REQUIRED ACTION: The answer should be an exact copy of the lines from the line with "then ok current" through the last line of the entries, and no other lines.

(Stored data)
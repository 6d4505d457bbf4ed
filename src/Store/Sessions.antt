-- ===== src/Store/Sessions.antt =====
-- `createMemorySigningSessionStore` of packages/application/src/documents/memory-adapters.ts.
pub mod Moves
pub mod OneOpen
use bug_free_fiesta.Domain.Errors.{
  guard, throw_if, ◌>>◌, Result, ok, err, ApplicationError, conflict_error, not_found_error,
}
use bug_free_fiesta.Domain.Entities.{SigningSession}
use bug_free_fiesta.Store.Rows.{find_row, update_row}
use bug_free_fiesta.Prelude.{
  ◌+◌, some, is_none, ◌++◌, any, ◌&&◌, ◌==◌, [], str_eq, if◌then◌else◌, keep_if, Option, List, ◌∷◌,
  String, Bool, ℕ,
}
use bug_free_fiesta.Domain.Lifecycle.{is_open_status}
use bug_free_fiesta.Domain.Statuses.{SigningSessionStatus, signing_session_status_eq}

pub record SessionKey : Type 0 where
  pub organization_id : String
  pub session_id : String

unfoldable pub has_session_key : SessionKey → SigningSession → Bool
has_session_key key row =
    str_eq row.organization_id key.organization_id && str_eq row.id key.session_id

abbrev session_missing : ApplicationError
session_missing = not_found_error (("resource", "signing_session") ∷ [])

unfoldable pub find_session : SessionKey → List SigningSession → Option SigningSession
find_session key = find_row (has_session_key key)

unfoldable pub sessions_of_document : String → String → List SigningSession → List SigningSession
sessions_of_document organization_id document_id =
    keep_if
      (λ row. str_eq row.organization_id organization_id && str_eq row.document_id document_id)

unfoldable pub is_open_for : String → String → SigningSession → Bool
is_open_for organization_id signer_id row =
    str_eq row.organization_id organization_id
    && str_eq row.signer_id signer_id
    && is_open_status row.status

unfoldable pub open_sessions_of_signer : String → String → List SigningSession → List SigningSession
unfolding is_open_for
open_sessions_of_signer organization_id signer_id = keep_if (is_open_for organization_id signer_id)

unfoldable pub create_session :
    String → SigningSession → List SigningSession → Result (SigningSession × List SigningSession)
unfolding is_open_for
create_session organization_id session rows = do
  throw_if (any (is_open_for organization_id session.signer_id) rows)
      (conflict_error (("reason", "duplicate_open_session") ∷ []))
  ok (session, rows ++ session ∷ [])

unfoldable pub revoke_row : ℕ → SigningSession → Result SigningSession
revoke_row revoked_at current = do
  guard (is_open_status current.status) (conflict_error (("reason", "session_not_open") ∷ []))
  ok (record current { status = SigningSessionStatus.revoked; revoked_at = some revoked_at })

unfoldable pub present_row : ℕ → SigningSession → Result SigningSession
present_row presented_at current =
    if signing_session_status_eq current.status SigningSessionStatus.active
    then ok (record current { last_presented_at = some presented_at })
    else if signing_session_status_eq current.status SigningSessionStatus.issued
    then ok (record current {
      status = SigningSessionStatus.active;
      last_presented_at = some presented_at;
    })
    else err (conflict_error (("reason", "session_not_presentable") ∷ []))

unfoldable pub expire_row : SigningSession → Result SigningSession
expire_row current = do
  guard (is_open_status current.status) (conflict_error (("reason", "session_not_open") ∷ []))
  ok (record current { status = SigningSessionStatus.expired })

unfoldable pub rotate_row : ℕ → String → String → ℕ → SigningSession → Result SigningSession
rotate_row expected_version token_hash csrf_token_hash consumed_at current = do
  guard
      (current.version == expected_version
        && is_none current.consumed_at
        && is_open_status current.status)
      (conflict_error (("reason", "session_not_exchangeable") ∷ []))
  ok (record current {
    token_hash = token_hash;
    csrf_token_hash = some csrf_token_hash;
    consumed_at = some consumed_at;
    status = SigningSessionStatus.active;
    last_presented_at = some consumed_at;
    version = current.version + 1;
  })

unfoldable pub complete_row : ℕ → SigningSession → Result SigningSession
complete_row completed_at current =
    if signing_session_status_eq current.status SigningSessionStatus.completed
    then ok current
    else if is_open_status current.status
    then ok (record current {
      status = SigningSessionStatus.completed;
      completed_at = some completed_at;
    })
    else err (conflict_error (("reason", "session_not_completable") ∷ []))

unfoldable pub update_session :
    SessionKey
    → (SigningSession → Result SigningSession)
    → List SigningSession
    → Result (SigningSession × List SigningSession)
update_session key = update_row (has_session_key key) session_missing

unfoldable pub find_by_token_hash : String → List SigningSession → Option SigningSession
find_by_token_hash token_hash = find_row (λ row. str_eq row.token_hash token_hash)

REPLY:
    then ok current
    else if is_open_status current.status
    then ok (record current {
      status = SigningSessionStatus.completed;
      completed_at = some completed_at;
    })
    else err (conflict_error (("reason", "session_not_completable") ∷ []))

unfoldable pub update_session :
    SessionKey
    → (SigningSession → Result SigningSession)
    → List SigningSession
    → Result (SigningSession × List SigningSession)
update_session key = update_row (has_session_key key) session_missing

unfoldable pub find_by_token_hash : String → List SigningSession → Option SigningSession
find_by_token_hash token_hash = find_row (λ row. str_eq row.token_hash token_hash)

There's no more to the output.